Diplomats from six key powers focused on possible new sanctions against Iran over its nuclear program at a meeting Saturday, but reached no agreement.

Robert Cooper, the European Union's political director who chaired the meeting, said the U.S., Russia, China, Britain, France and Germany concluded "that Iran has failed to follow up" on an agreement in principle in October that Tehran exchange uranium for nuclear fuel, "in particular by refusing further meetings to discuss the nuclear issue."

He said the six nations remain committed to a "dual track" approach to Iran to try to defuse global fears over its nuclear program — diplomatic and political engagement on the one hand and possible new sanctions if Tehran refuses to rein in its nuclear ambitions.

"That implies that we will continue to seek a negotiated solution, but consideration of appropriate further measures has also begun," Cooper told reporters after the 2 1/2-hour closed-door meeting.

Russia's Deputy Foreign Minister Sergei Ryabkov said the six powers "reconfirmed our desire" to meet again with the Iranians to discuss their October proposal.

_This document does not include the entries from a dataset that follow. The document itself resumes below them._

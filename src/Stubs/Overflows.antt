-- ===== src/Stubs/Overflows.antt =====
-- A response that is longer than its request, from the bytes of the request to the stub's write: the macros of
-- RPC_server/RPC_server_template.h behind `read_socket` and `worker_caller` of RPC_server/RequestHandle.cc.
use cpp_rpc.Prelude.{
  ℕ, ◌+◌, ◌<◌, ◌≤◌, ◌≡◌, ap, ◌∙◌, Bool, true, none, some, List, [], ◌∷◌, ◌++◌, length,
}
use cpp_rpc.Assoc.{lookup, string_key}
use cpp_rpc.Cache.Inv.{IsValid}
use cpp_rpc.Cache.Fifo.{contents}
use cpp_rpc.Package.Layout.{Header}
use cpp_rpc.Drain.Packages.{frames, IsUnfinished}
use cpp_rpc.Send.{block_size}
use cpp_rpc.IoService.{Flag, Op}
use cpp_rpc.Server.{RequestHandle, Task, Server, received, object, read_socket}
use cpp_rpc.Server.Events.{run_task, run_task-oldest, object-tasks}
use cpp_rpc.Server.Requests.{requests, read_socket-requests}
use cpp_rpc.Server.Responses.{worker_caller_fault}
use cpp_rpc.Stubs.{Request, Response, Codec, serve}
use cpp_rpc.Stubs.Serve.{asked, answered, serve_overflows}
use cpp_rpc.Stubs.Served.{IsParser, requests-tasks_of}
use Prim.Native.String.{String}

module _ {A R : Type 0} (request_class : Codec (Request A)) (response_class : Codec (Response R))
    (func : String) (f : A → R) {K : Type 0} (epoll_ctl : Op → ℕ → List Flag → K → Bool × K)
    (close : ℕ → K → K) (malloc : ℕ → Bool) (got : (n : ℕ) → malloc n ≡ true)
    (parse : List ℕ → String) (parsed : IsParser request_class response_class func f parse) where
  abbrev req : ℕ → A → List ℕ
  req = asked request_class response_class func f

  -- With a block that comes, the read cache has a whole request for a registered function and an unfinished
  -- rest, and no task waits. If the response is longer than the request, `read_socket` queues the call,
  -- and the worker that takes it writes outside the array that holds the request: a fault. Conditions:
  -- the read cache is in order and has room, malloc finds memory, and the parser finds the function's
  -- name.
  pub request_overflows :
      (h query_id : ℕ) (args : A) (rest : List ℕ) (head : Header) (s : Server K) (x : RequestHandle)
      (xs : List ℕ)
      → object h s ≡ some x
      → IsValid x.read_cache
      → s.tasks ≡ []
      → lookup func s.rpc_funcs ≡ some (serve response_class request_class func f)
      → 0 < length xs
      → length xs ≤ block_size
      → length xs + length (contents x.read_cache) < x.read_cache.buffer.capacity
      → contents x.read_cache ++ xs ≡ frames (req query_id args ∷ []) ++ rest
      → IsUnfinished rest
      → length (req query_id args)
        < length (answered request_class response_class func f query_id args)
      → (s1 : Server K) × (read_socket epoll_ctl close malloc parse h head (received xs) s
          ≡ some s1)
        × (length s1.tasks ≡ 1)
        × (run_task s1 ≡ none)
  request_overflows h query_id args rest head s x xs there v idle registered p k room whole
        unfinished longer =
      let cs = (query_id, args) ∷ [] in
      let t : Task = record { handle = h; func = func; bytes = req query_id args } in
      let (s1, c1, reads, tasks, object1, rest1, v1, funcs, _) =
        read_socket-requests epoll_ctl close malloc got parse h head s x xs (req query_id args ∷ [])
          rest there v p k room whole unfinished in
      let waiting : s1.tasks ≡ t ∷ [] =
        tasks
        ∙ ap (λ ts. ts ++ requests parse h s.rpc_funcs (req query_id args ∷ [])) idle
        ∙ requests-tasks_of request_class response_class func f parse h s.rpc_funcs cs parsed
            registered in
      (
        s1,
        reads,
        ap length waiting,
        run_task-oldest s1 t [] waiting
            ∙ worker_caller_fault t (record s1 { tasks = [] }) (record x { read_cache = c1 })
                (serve response_class request_class func f) (object-tasks h s1 [] ∙ object1)
                (ap (λ fs. lookup func fs) funcs ∙ registered)
                (serve_overflows request_class response_class func f query_id args longer),
      )
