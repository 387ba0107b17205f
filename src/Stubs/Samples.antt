-- ===== src/Stubs/Samples.antt =====
-- Two message classes, as lists of numbers: the text of a message's method stands at its end.
use Prim.Native.Nat.{compare, Ordering}
use Prim.Native.Char.{Char, char, code, nul, IsScalar}
use Prim.Native.String.{String}
use text.Mathlib.TextEquality.{Char-path}
use cpp_rpc.Prelude.{
  ℕ, ◌<◌, ◌≡◌, refl, ap, ap₂, inl, inr, List, [], ◌∷◌, arith, ltb, ltb→lt, ◌&&◌, Bool-cases, ◌⊎◌,
}
use cpp_rpc.Stubs.{Request, Response, Codec}

low_scalar : (n : ℕ) → n < 55296 → IsScalar n
low_scalar n h = let e : compare n 55296 ≡ Ordering.lt = ground arith in rw e tt

high_scalar : (n : ℕ) → 57343 < n → n < 1114112 → IsScalar n
high_scalar n h k =
    let e : compare n 55296 ≡ Ordering.gt = ground arith in
    let f : compare 57343 n ≡ Ordering.lt = ground arith in
    let g : compare n 1114112 ≡ Ordering.lt = ground arith in rw (e, f, g) tt

scalar_lem : (n : ℕ) → IsScalar n → (n < 55296) ⊎ ((57343 < n) × (n < 1114112))
scalar_lem n p = grind arith

pub scalar? : (n : ℕ) → Dec (IsScalar n)
scalar? n = elim (Bool-cases (ltb n 55296)) [
  | inl e ↦ yes (low_scalar n (ltb→lt n 55296 e))
  | inr e ↦ elim (Bool-cases (ltb 57343 n && ltb n 1114112)) [
    | inl f ↦ yes (high_scalar n (ground arith) (ground arith))
    | inr f ↦ no (λ p. let cases = scalar_lem n p in ground arith)
  ]
]

abbrev character : (n : ℕ) → Dec (IsScalar n) → Char
character n (yes p) = char n p
character n (no p) = nul

code-character : (n : ℕ) (d : Dec (IsScalar n)) → IsScalar n → code (character n d) ≡ n
code-character n (yes p) q = refl
code-character n (no p) q = absurd (p q)

abbrev scalar_of : (c : Char) → IsScalar (code c)
scalar_of (char n p) = p

abbrev codes : String → List ℕ
codes String.[] = []
codes (String.◌∷◌ c s) = code c ∷ codes s

abbrev string_of : List ℕ → String
string_of [] = String.[]
string_of (n ∷ ns) = String.◌∷◌ (character n (scalar? n)) (string_of ns)

pub string_of-codes : (s : String) → string_of (codes s) ≡ s
string_of-codes String.[] = refl
string_of-codes (String.◌∷◌ c s) =
    ap₂ String.◌∷◌
      (Char-path (character (code c) (scalar? (code c))) c
        (code-character (code c) (scalar? (code c)) (scalar_of c)))
      (string_of-codes s)

-- The messages of a function with two arguments, as a list of numbers.
abbrev pub put_request : Request (ℕ × ℕ) → List ℕ
put_request m = m.query_id ∷ m.args.0 ∷ m.args.1 ∷ codes m.method

abbrev pub get_request : List ℕ → Request (ℕ × ℕ)
get_request (q ∷ a ∷ b ∷ ns) = record { method = string_of ns; query_id = q; args = (a, b) }
get_request ns = record { method = String.[]; query_id = 0; args = (0, 0) }

abbrev pub request_class : Codec (Request (ℕ × ℕ))
request_class = record {
  serialize = put_request;
  merge = get_request;
  merge-serialize = λ m.
      ap (λ s. record { method = s; query_id = m.query_id; args = m.args })
        (string_of-codes m.method);
}

abbrev pub put_response : Response ℕ → List ℕ
put_response m = m.query_id ∷ m.result ∷ codes m.method

abbrev pub get_response : List ℕ → Response ℕ
get_response (q ∷ r ∷ ns) = record { method = string_of ns; query_id = q; result = r }
get_response ns = record { method = String.[]; query_id = 0; result = 0 }

abbrev pub response_class : Codec (Response ℕ)
response_class = record {
  serialize = put_response;
  merge = get_response;
  merge-serialize = λ m.
      ap (λ s. record { method = s; query_id = m.query_id; result = m.result })
        (string_of-codes m.method);
}
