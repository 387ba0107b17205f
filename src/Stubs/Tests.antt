-- ===== src/Stubs/Tests.antt =====
-- A function with two arguments, and calls of it.
use Prim.Native.String.{String}
use cpp_rpc.Prelude.{
  length, ℕ, Bool, ◌+◌, ◌≡◌, refl, ap, inl, true, false, none, some, List, [], ◌∷◌, ◌++◌, replicate,
  slice, arith,
}
use cpp_rpc.Assoc.{lookup, insert, string_key}
use cpp_rpc.Cache.{Cache}
use cpp_rpc.Cache.Inv.{IsValid}
use cpp_rpc.Cache.Fifo.{contents, window}
use cpp_rpc.Drain.Packages.{frames}
use cpp_rpc.Package.Layout.{Header, header_bytes, int_bytes}
use cpp_rpc.Send.{accepts}
use cpp_rpc.IoService.{Flag, Op}
use cpp_rpc.Monitor.{new_monitor}
use cpp_rpc.Server.{
  RequestHandle, Server, received, register_rpc_func, object, read_socket, write_socket,
}
use cpp_rpc.Stubs.{Response, Codec, serve, rpc_server2, regis_helper}
use cpp_rpc.Stubs.Samples.{get_request, request_class, put_response, get_response, response_class}
use cpp_rpc.Server.Events.{run_task}
use cpp_rpc.Stubs.Overflows.{request_overflows}
use cpp_rpc.Stubs.Serve.{asked}
use cpp_rpc.Stubs.Served.{run_tasks, requests_of, served_lem}

abbrev add : ℕ × ℕ → ℕ
add (a, b) = a + b

-- a message class that writes three numbers more
abbrev put_padded : Response ℕ → List ℕ
put_padded m = 0 ∷ 0 ∷ 0 ∷ put_response m

abbrev get_padded : List ℕ → Response ℕ
get_padded (a ∷ b ∷ c ∷ ns) = get_response ns
get_padded ns = get_response []

abbrev padded_class : Codec (Response ℕ)
padded_class = record {
  serialize = put_padded;
  merge = get_padded;
  merge-serialize = response_class.merge-serialize;
}

abbrev idle : Cache
idle = record {
  buffer = record { capacity = 40; length = 0; bytes = replicate 40 0 };
  head = 0;
  tail = 0;
}

idle-IsValid : IsValid idle
idle-IsValid = record {
  storage = refl;
  small = omega arith;
  head_in = omega arith;
  tail_in = omega arith;
  started = inl refl;
}

abbrev client : RequestHandle
client = record { fd = 5; held = true; read_cache = idle; write_cache = idle }

abbrev bare : Server ℕ
bare = record {
  io_service = record { callback_map = []; kernel = 0; exit = false };
  rpc_funcs = [];
  max_client_count = 2;
  cache_size = 40;
  monitor = record (new_monitor 0 0) { connections = 1 };
  clients = 1;
  tasks = [];
  running_workers = 0;
  heap = some client ∷ [];
}

abbrev plus : ℕ → ℕ → ℕ
plus a b = a + b

abbrev server : Server ℕ
server = record bare { rpc_funcs = ("add", serve response_class request_class "add" add) ∷ [] }

registered : regis_helper "add" (rpc_server2 response_class request_class "add" plus) bare ≡ server
unfolding regis_helper register_rpc_func insert rpc_server2 serve
registered = refl

abbrev method_of : List ℕ → String
method_of ns = (get_request ns).method

abbrev calls : List (ℕ × (ℕ × ℕ))
calls = (1, (3, 4)) ∷ (2, (5, 6)) ∷ []

-- two whole requests, and the first byte of another
abbrev arrived : List ℕ
arrived = frames (requests_of request_class response_class "add" add calls) ++ 0xd5 ∷ []

abbrev ctl : Op → ℕ → List Flag → ℕ → Bool × ℕ
ctl op fd flags k = (true, k)

abbrev no_header : Header
no_header = record { magic = 0; length = 0 }

served_lem_example :
    (s1 s2 s3 : Server ℕ) × (sent : List ℕ) × (y : RequestHandle) × (read_socket ctl
        (λ fd k. k)
        (λ n. true)
        method_of
        0
        no_header
        (received arrived)
        server
      ≡ some s1)
    × (run_tasks 2 s1 ≡ some s2)
    × (write_socket 0 (accepts 9 ∷ []) s2 ≡ some (sent, s3))
    × (object 0 s3 ≡ some y)
    × (contents y.read_cache ≡ 0xd5 ∷ [])
    × (contents idle ++ frames ((1 ∷ 7 ∷ 97 ∷ 100 ∷ 100 ∷ []) ∷ (2 ∷ 11 ∷ 97 ∷ 100 ∷ 100 ∷ []) ∷ [])
        ≡ sent ++ contents y.write_cache)
    × IsValid y.read_cache
    × IsValid y.write_cache
unfolding object lookup contents window slice frames header_bytes int_bytes
served_lem_example =
    served_lem request_class response_class "add" add ctl (λ fd k. k) (λ n. true) (λ n. refl)
      method_of
      (λ query_id args.
        ap (λ m. m.method)
          (request_class.merge-serialize
            (record { method = "add"; query_id = query_id; args = args })))
      0 calls (0xd5 ∷ []) no_header server client arrived (accepts 9 ∷ []) refl idle-IsValid
      idle-IsValid refl refl (omega arith) (omega arith) (omega arith) refl (inl (omega arith))
      (omega arith, omega arith, (omega arith, omega arith, tt)) (omega arith) tt (omega arith)

-- a whole request whose response is longer, and the first byte of another
abbrev overflowing : List ℕ
overflowing = frames (asked request_class padded_class "add" add 1 (3, 4) ∷ []) ++ 0xd5 ∷ []

abbrev padded_server : Server ℕ
padded_server = record bare { rpc_funcs = ("add", serve padded_class request_class "add" add) ∷ [] }

request_overflows_example :
    (s1 : Server ℕ) × (read_socket ctl
        (λ fd k. k)
        (λ n. true)
        method_of
        0
        no_header
        (received overflowing)
        padded_server
      ≡ some s1)
    × (length s1.tasks ≡ 1)
    × (run_task s1 ≡ none)
unfolding object lookup contents window slice frames header_bytes int_bytes
request_overflows_example =
    request_overflows request_class padded_class "add" add ctl (λ fd k. k) (λ n. true) (λ n. refl)
      method_of
      (λ query_id args.
        ap (λ m. m.method)
          (request_class.merge-serialize
            (record { method = "add"; query_id = query_id; args = args })))
      0 1 (3, 4) (0xd5 ∷ []) no_header padded_server client overflowing refl idle-IsValid refl refl
      (omega arith) (omega arith) (omega arith) refl (inl (omega arith)) (omega arith)
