-- ===== src/ThreadPool/Count.antt =====
-- `m_running` of RPC_util/ThreadPool.hpp against the workers' program counters.
use cpp_rpc.Prelude.{
  ℕ, zero, suc, ◌+◌, ◌*◌, ◌^◌, ◌≤◌, ◌<◌, ◌≡◌, refl, sym, ap, ◌∙◌, inl, inr, some, Option-cases,
  List, [], ◌∷◌, arith, get_elem?, set, length, replicate, length-replicate,
}
use cpp_rpc.ThreadPool.{
  Pc, entering, taking, waiting, woken, exited, finishing, calling, Shared, Pool, Event, works,
  work, wait, take_task, worker_step, push_task, append_notify, admit, notify_all, step, run,
  new_pool,
}

-- a weight of program counters summed over the workers
module _ {A : Type 0} (w : Pc A → ℕ) where
  pub total : List (Pc A) → ℕ
  total [] = 0
  total (pc ∷ pcs) = w pc + total pcs

  pub total-set :
      (pcs : List (Pc A)) (i : ℕ) (pc pc' : Pc A)
      → get_elem? pcs i ≡ some pc
      → total (set pcs i pc') + w pc ≡ total pcs + w pc'
  unfolding total
  total-set [] i pc pc' e = cc
  total-set (q ∷ pcs) zero pc pc' e = ground arith
  total-set (q ∷ pcs) (suc i) pc pc' e = omega (arith, total-set pcs i pc pc' e)

  pub total-replicate_zero : (n : ℕ) (pc : Pc A) → w pc ≡ 0 → total (replicate n pc) ≡ 0
  unfolding total
  total-replicate_zero zero pc e = refl
  total-replicate_zero (suc n) pc e = omega (arith, e, total-replicate_zero n pc e)

module _ {A : Type 0} where
  pub length-set_pc : (pcs : List (Pc A)) (i : ℕ) (pc : Pc A) → length (set pcs i pc) ≡ length pcs
  length-set_pc [] i pc = refl
  length-set_pc (q ∷ pcs) zero pc = refl
  length-set_pc (q ∷ pcs) (suc i) pc = ap suc (length-set_pc pcs i pc)

  -- 1 for a worker that is neither starting up, nor blocked or just woken, nor gone
  pub awake : Pc A → ℕ
  awake entering = 0
  awake waiting = 0
  awake woken = 0
  awake exited = 0
  awake pc = 1

  -- 1 for a worker in the call of a task
  pub busy : Pc A → ℕ
  busy (calling t) = 1
  busy finishing = 1
  busy pc = 0

  abbrev weight : Pc A → ℕ
  weight pc = awake pc + busy pc

  total_split : (pcs : List (Pc A)) → total weight pcs ≡ total awake pcs + total busy pcs
  unfolding total
  total_split [] = refl
  total_split (pc ∷ pcs) = omega (arith, total_split pcs)

  weight-le : (pc : Pc A) → weight pc ≤ 2
  unfolding awake busy
  weight-le pc = ground arith

  total-le : (pcs : List (Pc A)) → total weight pcs ≤ 2 * length pcs
  unfolding total
  total-le [] = omega arith
  total-le (pc ∷ pcs) = omega (arith, weight-le pc, total-le pcs)

  weight-le-total :
      (pcs : List (Pc A)) (i : ℕ) (pc : Pc A)
      → get_elem? pcs i ≡ some pc
      → weight pc ≤ total weight pcs
  unfolding total
  weight-le-total [] i pc e = cc
  weight-le-total (q ∷ pcs) zero pc e = ground arith
  weight-le-total (q ∷ pcs) (suc i) pc e = omega (arith, weight-le-total pcs i pc e)

  -- One step of a worker changes `m_running` as it changes the worker's weight.
  work_count :
      (s s' : Shared A) (pc pc' : Pc A)
      → work s pc ≡ some (s', pc')
      → weight pc ≤ s.running
      → s.running + 1 < 2 ^ 32
      → s'.running + weight pc ≡ s.running + weight pc'
  unfolding work awake busy take_task wait
  work_count s s' entering pc' e lo hi = ground arith
  work_count s s' waiting pc' e lo hi = ground arith
  work_count s s' taking pc' e lo hi = ground arith
  work_count s s' pc pc' e lo hi = ground arith

  pub record IsCounted (p : Pool A) : Type 0 where
    few : 2 * length p.workers < 2 ^ 31
    counted : p.shared.running ≡ total weight p.workers

  moved-IsCounted :
      {p : Pool A} (i : ℕ) (pc : Pc A) (s : Shared A) (pc' : Pc A)
      → get_elem? p.workers i ≡ some pc
      → work p.shared pc ≡ some (s, pc')
      → IsCounted p
      → IsCounted (record p { shared = s; workers = set p.workers i pc' })
  moved-IsCounted {p} i pc s pc' e f v =
      let ws = p.workers in
      let here = weight-le-total ws i pc e in
      let most = total-le ws in
      let c =
        work_count p.shared s pc pc' f (omega (arith, v.counted))
          (omega (arith, v.counted, v.few)) in
      record {
        few = omega (arith, length-set_pc ws i pc', v.few);
        counted = omega (arith, c, total-set weight ws i pc pc' e, v.counted);
      }

  worker_step-IsCounted : (p : Pool A) (i : ℕ) → IsCounted p → IsCounted (worker_step p i)
  unfolding worker_step
  worker_step-IsCounted p i v = elim (Option-cases (get_elem? p.workers i)) [
    | inl e ↦ rw (e, worker_step) v
    | inr (pc, e) ↦ elim (Option-cases (work p.shared pc)) [
      | inl f ↦ rw (e, worker_step) (rw (f, worker_step) v)
      | inr ((s, pc'), f) ↦ rw (e, f, worker_step) (moved-IsCounted i pc s pc' e f v)
    ]
  ]

  -- Every event keeps `m_running` right.
  pub step-IsCounted : (p : Pool A) (e : Event A) → IsCounted p → IsCounted (step p e)
  unfolding step push_task append_notify notify_all admit
  step-IsCounted p (works i) v = worker_step-IsCounted p i v
  step-IsCounted p e v = ground arith

  run-IsCounted : (p : Pool A) (es : List (Event A)) → IsCounted p → IsCounted (run p es)
  unfolding run
  run-IsCounted p [] v = v
  run-IsCounted p (e ∷ es) v = run-IsCounted (step p e) es (step-IsCounted p e v)

  new_pool-IsCounted : (n : ℕ) → n < 2 ^ 30 → IsCounted (new_pool n)
  unfolding new_pool awake busy
  new_pool-IsCounted n h = record {
    few = omega (arith, length-replicate n entering);
    counted = sym (total-replicate_zero weight n entering refl);
  }

  -- At every moment of every schedule `m_running` is the number of workers that are awake, plus the
  -- number that are inside a task: a worker that runs a task counts twice.
  pub running_lem :
      (n : ℕ) (es : List (Event A))
      → n < 2 ^ 30
      → let p = run (new_pool n) es in
        p.shared.running ≡ total awake p.workers + total busy p.workers
  running_lem n es h =
      let p = run (new_pool n) es in
      (run-IsCounted (new_pool n) es (new_pool-IsCounted n h)).counted ∙ total_split p.workers
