-- ===== src/ThreadPool/Joined.antt =====
-- The threads of RPC_util/ThreadPool.hpp that have returned from `do_work`.
use cpp_rpc.Prelude.{
  ℕ, zero, suc, ◌≤◌, ◌<◌, ◌≡◌, ◌≢◌, refl, sym, ap, ◌∙◌, inl, inr, Bool, true, false, Option, none,
  some, Option-cases, List, [], ◌∷◌, arith, if◌then◌else◌, get_elem?, set, length,
}
use mathlib.Core.Option.{some-injective}
use cpp_rpc.ThreadPool.{
  Pc, exited, Shared, Pool, Event, works, pushes, admits, notifies, clears, sets_exit,
  quit_notifies, work, worker_step, push_task, append_notify, admit, step,
}

module _ {A : Type 0} where
  -- the first `n` threads have returned
  unfoldable pub Joined : ℕ → List (Pc A) → Type 0
  Joined n ws = (i : ℕ) → i < n → get_elem? ws i ≡ some exited

  get_elem?-set_other :
      (ws : List (Pc A)) (i j : ℕ) (pc : Pc A) → i ≢ j → get_elem? (set ws j pc) i ≡ get_elem? ws i
  get_elem?-set_other [] i j pc ne = refl
  get_elem?-set_other (w ∷ ws) zero zero pc ne = absurd (ne refl)
  get_elem?-set_other (w ∷ ws) zero (suc j) pc ne = refl
  get_elem?-set_other (w ∷ ws) (suc i) zero pc ne = refl
  get_elem?-set_other (w ∷ ws) (suc i) (suc j) pc ne =
      get_elem?-set_other ws i j pc (λ e. ne (ap suc e))

  length-set : (ws : List (Pc A)) (i : ℕ) (pc : Pc A) → length (set ws i pc) ≡ length ws
  length-set [] i pc = refl
  length-set (w ∷ ws) zero pc = refl
  length-set (w ∷ ws) (suc i) pc = ap suc (length-set ws i pc)

  pub get_elem?-none : (ws : List (Pc A)) (i : ℕ) → get_elem? ws i ≡ none → length ws ≤ i
  get_elem?-none [] i e = omega arith
  get_elem?-none (w ∷ ws) zero e = absurd cc
  get_elem?-none (w ∷ ws) (suc i) e = omega (arith, get_elem?-none ws i e)

  works_on : (s : Shared A) (pc : Pc A) (r : Shared A × Pc A) → work s pc ≡ some r → pc ≢ exited
  unfolding work
  works_on s pc r q e = absurd (cc (ap (work s) e))

  -- a thread that has returned makes no step
  worker_step-Joined :
      (n : ℕ) (p : Pool A) (j : ℕ) → Joined n p.workers → Joined n (worker_step p j).workers
  unfolding worker_step Joined
  worker_step-Joined n p j joined i below = elim (Option-cases (get_elem? p.workers j)) [
    | inl e ↦ rw (e, worker_step) (joined i below)
    | inr (pc, e) ↦ elim (Option-cases (work p.shared pc)) [
      | inl q ↦ rw (e, worker_step) (rw q (joined i below))
      | inr (r, q) ↦
          let moved : i ≢ j = λ same.
            works_on p.shared pc r q
              (some-injective _ _ (sym e ∙ ap (get_elem? p.workers) (sym same) ∙ joined i below)) in
          rw (e, worker_step) (rw q (get_elem?-set_other p.workers i j r.1 moved ∙ joined i below))
    ]
  ]

  push_task-Joined :
      (n : ℕ) (p : Pool A) (k : ℕ) (t : Option A)
      → Joined n p.workers
      → Joined n (push_task p k t).workers
  unfolding push_task
  push_task-Joined n p zero t j = j
  push_task-Joined n p (suc k) t j = j

  append_notify-Joined :
      (n : ℕ) (p : Pool A) (k : ℕ) → Joined n p.workers → Joined n (append_notify p k).workers
  unfolding append_notify
  append_notify-Joined n p zero j = j
  append_notify-Joined n p (suc k) j = j

  admit-Joined :
      (n : ℕ) (p : Pool A) (b : Bool)
      → Joined n p.workers
      → Joined n (if b then p else record p { admitted = suc p.admitted }).workers
  admit-Joined n p true j = j
  admit-Joined n p false j = j

  pub step-Joined :
      (n : ℕ) (p : Pool A) (e : Event A) → Joined n p.workers → Joined n (step p e).workers
  unfolding step admit
  step-Joined n p (works i) j = worker_step-Joined n p i j
  step-Joined n p (pushes t) j = push_task-Joined n p p.admitted t j
  step-Joined n p admits j = admit-Joined n p p.shared.exit j
  step-Joined n p notifies j = append_notify-Joined n p p.pushed j
  step-Joined n p clears j = j
  step-Joined n p sets_exit j = j
  step-Joined n p quit_notifies j = j

  push_task-length :
      (p : Pool A) (k : ℕ) (t : Option A) → length (push_task p k t).workers ≡ length p.workers
  unfolding push_task
  push_task-length p zero t = refl
  push_task-length p (suc k) t = refl

  append_notify-length :
      (p : Pool A) (k : ℕ) → length (append_notify p k).workers ≡ length p.workers
  unfolding append_notify
  append_notify-length p zero = refl
  append_notify-length p (suc k) = refl

  admit-length :
      (p : Pool A) (b : Bool)
      → length (if b then p else record p { admitted = suc p.admitted }).workers ≡ length p.workers
  admit-length p true = refl
  admit-length p false = refl

  worker_step-length : (p : Pool A) (j : ℕ) → length (worker_step p j).workers ≡ length p.workers
  unfolding worker_step
  worker_step-length p j = elim (Option-cases (get_elem? p.workers j)) [
    | inl e ↦ rw (e, worker_step) refl
    | inr (pc, e) ↦ elim (Option-cases (work p.shared pc)) [
      | inl q ↦ rw (e, worker_step) (rw q refl)
      | inr (r, q) ↦ rw (e, worker_step) (rw q (length-set p.workers j r.1))
    ]
  ]

  pub step-length : (p : Pool A) (e : Event A) → length (step p e).workers ≡ length p.workers
  unfolding step admit
  step-length p (works i) = worker_step-length p i
  step-length p (pushes t) = push_task-length p p.admitted t
  step-length p admits = admit-length p p.shared.exit
  step-length p notifies = append_notify-length p p.pushed
  step-length p clears = refl
  step-length p sets_exit = refl
  step-length p quit_notifies = refl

"We have talked mostly today on the second track, but it doesn't mean that we should abandon the first one," he said. "We do believe there is still time for meaningful political engagement, and efforts to find a solution. That's something that Russia has always advocated."

But a senior diplomat, speaking on condition of anonymity because the talks were private, said the message to Iran from the meeting is that time is running out.

Iran argues that its nuclear program is aimed at creating a peaceful nuclear energy network to serve its growing population. The U.S. and other nations believe Iran's nuclear program has the goal of creating atomic weapons.

The United States and its Western allies have been pushing for a fourth round of U.N. sanctions. But with Russia, and especially China, skeptical of any new sanctions, they have to tread carefully to maintain six power unity on how to deal with Iran.

The senior diplomat said there would be further meetings of the six countries but no date has been set.

Saturday's meeting was supposed to be of political directors — top diplomats in the countries' foreign ministries — but China was only represented by a counselor from its U.N. mission, Kang Yong, not Vice Foreign Minister He Yafei.

Taking over the rotating presidency of the Security Council in early January, China's U.N. Ambassador Zhang Yesui said Beijing opposes new sanctions against Iran for now because diplomatic efforts to bridge differences over the country's nuclear program are taking place.

China — which relies on Iran for much of its energy — is a veto-wielding member of the Security Council along with the U.S., Russia, Britain and France.

Zhang's opposition means the council almost certainly won't discuss Iran sanctions in January, but whether they may be open to future sanctions talks remains to be seen.

Cooper said Saturday's meeting was "for stock-taking and to see the way ahead."

Russia's Ryabkov said "the meeting is inconclusive in a sense that we didn't make any decisions right away."

"We have started the next chapter of this saga. We have started the next part of the process," he said. "We made a lot of progress."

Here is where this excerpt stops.